I have 2 different samples for which I sequenced the transcriptomes (Illumina): sample A and sample B.
I pooled all the single-end reads (up to 300 bp) from the 2 samples together and did a de novo assembly with CLC.
Now I am trying to retrieve from which sample the contigs (up to 3,000 bp) come from.
To do that I aligned (bowtie2):
- reads from sample A vs indexed contigs
- reads from sample B vs indexed contigs
For each samples independently, I filtered the respective SAM files with samtools (samtools view -F 4 <sample-specific_SAM.tab>) to obtain the IDs and then the sequences of the contigs for which reads have been mapped to.
As a control, I know that some contigs are specific to each samples (sample A has 50 unique contigs that cannot be found in sample B; sample B has 100 unique contigs that cannot be found in sample A).
However, when I looked at the sample-specific contigs, I can retrieve the 150 unique contigs (50 from A + 100 from B) in both samples.

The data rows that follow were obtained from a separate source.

-- ===== src/Api/Json.antt =====
-- The bodies of requests between internal/radiusctl/types.go and internal/domain/domain.go, as
-- encoding/json writes and reads them: the members of an object, by the tags of the fields.
pub mod RoundTrip
use radius_go.Base.{
  ℕ, ◌^◌, Bool, true, false, ◌&&◌, Option, none, some, List, [], ◌∷◌, if◌then◌else◌, ltb, leb,
  ◌>>=◌,
}
use radius_go.Base.Int.{ℤ, pos, negsuc, pos_part, neg_part}
use radius_go.Base.Text.{Str, codes, is_empty}
use radius_go.Base.Dict.{Dict, lookup}
use radius_go.Domain.User.{UpdateUserRequest}
use radius_go.Domain.Session.{CoaChangeRequest}

-- The values of the fields that requests have.
pub data Json : Type 0 where
  text : Str → Json
  number : ℤ → Json
  truth : Bool → Json

-- Fields in their order, with the value that is written or none (`omitempty`).
unfoldable pub written_fields : Dict (Option Json) → Dict Json
written_fields [] = []
written_fields ((k, none) ∷ m) = written_fields m
written_fields ((k, some v) ∷ m) = (k, v) ∷ written_fields m

-- What json.Marshal writes of a field; bytes that are no UTF-8 are replaced, by `utf8`.
module _ (utf8 : Str → Str) where
  unfoldable pub omit_empty : Str → Option Json
  omit_empty s = if is_empty s then none else some (text (utf8 s))

  unfoldable pub omit_nil_text : Option Str → Option Json
  omit_nil_text none = none
  omit_nil_text (some s) = some (text (utf8 s))

unfoldable pub omit_nil_int : Option ℤ → Option Json
omit_nil_int none = none
omit_nil_int (some z) = some (number z)

unfoldable pub omit_nil_uint32 : Option ℕ → Option Json
omit_nil_uint32 none = none
omit_nil_uint32 (some n) = some (number (pos n))

unfoldable pub omit_nil_bool : Option Bool → Option Json
omit_nil_bool none = none
omit_nil_bool (some b) = some (truth b)

-- What json.Unmarshal reads into a field of each type, by the member of its name; `none` for an error.
unfoldable pub read_string : Option Json → Option Str
read_string none = some []
read_string (some (text s)) = some s
read_string (some _) = none

unfoldable pub read_string_pointer : Option Json → Option (Option Str)
read_string_pointer none = some none
read_string_pointer (some (text s)) = some (some s)
read_string_pointer (some _) = none

unfoldable pub read_int_pointer : Option Json → Option (Option ℤ)
read_int_pointer none = some none
read_int_pointer (some (number z)) =
    if ltb (pos_part z) (2 ^ 63) && leb (neg_part z) (2 ^ 63) then some (some z) else none
read_int_pointer (some _) = none

unfoldable pub read_uint32_pointer : Option Json → Option (Option ℕ)
read_uint32_pointer none = some none
read_uint32_pointer (some (number (pos n))) = if ltb n (2 ^ 32) then some (some n) else none
read_uint32_pointer (some _) = none

unfoldable pub read_bool_pointer : Option Json → Option (Option Bool)
read_bool_pointer none = some none
read_bool_pointer (some (truth b)) = some (some b)
read_bool_pointer (some _) = none

-- UpdateSubscriberRequest of the client; its fields are those of UpdateUserRequest.
abbrev pub update_subscriber_fields : (Str → Str) → UpdateUserRequest → Dict (Option Json)
update_subscriber_fields utf8 r =
    (codes "username", omit_empty utf8 r.username)
    ∷ (codes "password", omit_empty utf8 r.password)
    ∷ (codes "full_name", omit_empty utf8 r.full_name)
    ∷ (codes "email", omit_empty utf8 r.email)
    ∷ (codes "enabled", omit_nil_bool r.enabled)
    ∷ (codes "simultaneous_use", omit_nil_int r.simultaneous_use)
    ∷ (codes "session_timeout", omit_nil_int r.session_timeout)
    ∷ (codes "idle_timeout", omit_nil_int r.idle_timeout)
    ∷ (codes "framed_ip", omit_empty utf8 r.framed_ip)
    ∷ (codes "mikrotik_group", omit_empty utf8 r.mikrotik_group)
    ∷ (codes "rate_limit", omit_empty utf8 r.rate_limit)
    ∷ (codes "bandwidth_max_up", omit_nil_uint32 r.bandwidth_max_up)
    ∷ (codes "bandwidth_max_down", omit_nil_uint32 r.bandwidth_max_down)
    ∷ (codes "max_total_octets", omit_nil_uint32 r.max_total_octets)
    ∷ (codes "service_type", omit_empty utf8 r.service_type)
    ∷ (codes "pppoe_profile_id", omit_nil_text utf8 r.pppoe_profile_id)
    ∷ []

-- UpdateUserRequest of the server.
unfoldable pub read_update_user : Dict Json → Option UpdateUserRequest
read_update_user o = do
  username ← read_string (lookup (codes "username") o)
  password ← read_string (lookup (codes "password") o)
  full_name ← read_string (lookup (codes "full_name") o)
  email ← read_string (lookup (codes "email") o)
  enabled ← read_bool_pointer (lookup (codes "enabled") o)
  simultaneous_use ← read_int_pointer (lookup (codes "simultaneous_use") o)
  session_timeout ← read_int_pointer (lookup (codes "session_timeout") o)
  idle_timeout ← read_int_pointer (lookup (codes "idle_timeout") o)
  framed_ip ← read_string (lookup (codes "framed_ip") o)
  mikrotik_group ← read_string (lookup (codes "mikrotik_group") o)
  rate_limit ← read_string (lookup (codes "rate_limit") o)
  bandwidth_max_up ← read_uint32_pointer (lookup (codes "bandwidth_max_up") o)
  bandwidth_max_down ← read_uint32_pointer (lookup (codes "bandwidth_max_down") o)
  max_total_octets ← read_uint32_pointer (lookup (codes "max_total_octets") o)
  service_type ← read_string (lookup (codes "service_type") o)
  pppoe_profile_id ← read_string_pointer (lookup (codes "pppoe_profile_id") o)
  some (record {
    username = username;
    password = password;
    full_name = full_name;
    email = email;
    enabled = enabled;
    simultaneous_use = simultaneous_use;
    session_timeout = session_timeout;
    idle_timeout = idle_timeout;
    framed_ip = framed_ip;
    mikrotik_group = mikrotik_group;
    rate_limit = rate_limit;
    bandwidth_max_up = bandwidth_max_up;
    bandwidth_max_down = bandwidth_max_down;
    max_total_octets = max_total_octets;
    service_type = service_type;
    pppoe_profile_id = pppoe_profile_id;
  })
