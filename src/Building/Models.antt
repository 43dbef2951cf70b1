-- ===== src/Building/Models.antt =====
-- building/models.py: blueprints and their validation, the bill of materials.
-- Item names and codes are texts; a `Counter` is a list of keys with counts, oldest key first.
use package.text.Mathlib.Text.{◌==◌ as str_eq}
use ai_wodeshijie.Prelude.{
  ℕ, ◌+◌, ◌-◌, ◌≡◌, String, Bool, true, false, not, ◌&&◌, ◌||◌, Option, List, [], ◌∷◌, arith, leb,
  length, if◌then◌else◌,
}
use ai_wodeshijie.Prelude.Int.{ℤ, pos, pos_part, leb_ℤ, ◌==ℤ◌, ==ℤ→eq}
use ai_wodeshijie.Prelude.Result.{Result, ok, ◌>>◌, guard}
use ai_wodeshijie.Json.{Fields}

pub record Position : Type 0 where
  pub x : ℤ
  pub y : ℤ
  pub z : ℤ

pub record BlueprintBlock : Type 0 where
  pub at : Position
  pub item_id : String
  pub block_id : Option String
  pub face : String
  pub optional : Bool

pub record Blueprint : Type 0 where
  pub blueprint_id : String
  pub name : String
  pub version : ℕ
  pub blocks : List BlueprintBlock
  pub segment_size : ℕ
  pub metadata : Fields

-- equality of two `(x, y, z)` keys
unfoldable pub same_position : Position → Position → Bool
same_position p q = p.x ==ℤ q.x && p.y ==ℤ q.y && p.z ==ℤ q.z

pub same_position→eq : (p q : Position) → same_position p q ≡ true → p ≡ q
unfolding same_position
same_position→eq p q h = ground (arith, ==ℤ→eq p.x q.x, ==ℤ→eq p.y q.y, ==ℤ→eq p.z q.z)

pub same_position_refl : (p : Position) → same_position p p ≡ true
unfolding same_position
same_position_refl p = ground arith

-- `pos in seen`
unfoldable pub is_seen : Position → List Position → Bool
unfolding same_position
is_seen p [] = false
is_seen p (q ∷ seen) = same_position p q || is_seen p seen

-- the loop of `unique_positions`
unfoldable pub unique_from : List Position → List BlueprintBlock → Bool
unfolding is_seen
unique_from seen [] = true
unique_from seen (b ∷ blocks) = not (is_seen b.at seen) && unique_from (b.at ∷ seen) blocks

abbrev pub max_blocks : ℕ
max_blocks = 100000

pub data BlueprintError : Type 0 where
  bad_version bad_segment_size duplicate_position too_many_blocks : BlueprintError

-- The field constraints of the model, then its validator.
unfoldable pub make_blueprint :
    String → String → ℤ → List BlueprintBlock → ℤ → Fields → Result BlueprintError Blueprint
unfolding unique_from
make_blueprint blueprint_id name version blocks segment_size metadata = do
  guard (leb_ℤ (pos 1) version) bad_version
  guard (leb_ℤ (pos 1) segment_size && leb_ℤ segment_size (pos 128)) bad_segment_size
  guard (unique_from [] blocks) duplicate_position
  guard (leb (length blocks) max_blocks) too_many_blocks
  ok (record {
    blueprint_id = blueprint_id;
    name = name;
    version = pos_part version;
    blocks = blocks;
    segment_size = pos_part segment_size;
    metadata = metadata;
  })

abbrev pub Counter : Type 0
Counter = List (String × ℕ)

-- `counter[key]`, which is 0 where the key is missing
unfoldable pub count_of : String → Counter → ℕ
count_of key [] = 0
count_of key ((k, n) ∷ rest) = if str_eq k key then n else count_of key rest

-- `counter[key] += n`
unfoldable pub add_count : String → ℕ → Counter → Counter
add_count key n [] = (key, n) ∷ []
add_count key n ((k, m) ∷ rest) =
    if str_eq k key then (k, m + n) ∷ rest else (k, m) ∷ add_count key n rest

-- `counter[key] -= 1`, which the code runs only where the count is positive
unfoldable pub drop_one : String → Counter → Counter
drop_one key [] = []
drop_one key ((k, m) ∷ rest) =
    if str_eq k key then (k, m - 1) ∷ rest else (k, m) ∷ drop_one key rest

-- `a - b` of two counters keeps the positive differences.
unfoldable pub subtract : Counter → Counter → Counter
unfolding count_of
subtract [] b = []
subtract ((k, n) ∷ rest) b =
    let left = subtract rest b in
    if leb n (count_of k b) then left else (k, n - count_of k b) ∷ left

-- the loop of `material_bill` over the blocks that are not optional
unfoldable pub bill_from : Counter → List BlueprintBlock → Counter
unfolding add_count
bill_from c [] = c
bill_from c (b ∷ blocks) = bill_from (if b.optional then c else add_count b.item_id 1 c) blocks

unfoldable pub material_bill : Blueprint → Counter
unfolding bill_from
material_bill bp = bill_from [] bp.blocks

pub position_eq : (p q : Position) → p.x ≡ q.x → p.y ≡ q.y → p.z ≡ q.z → p ≡ q
position_eq p q ex ey ez = λ i. record { x = ex i; y = ey i; z = ez i }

I tried different bowtie2 parameters, but obtain nearly the same statistics every time (alignment rate; length interval; N50; N90) for both samples:
- using contigs with / without exact duplicate sequences
- end_to_end / local alignment
- allowing gaps or not (to disable gaps I use --gbar <length of the longest reads>)
- keeping / removing secondary alignments from the SAM files
I don't know what to try anymore. It would be very helpful if someone could share his/her expertise or suggest another strategy.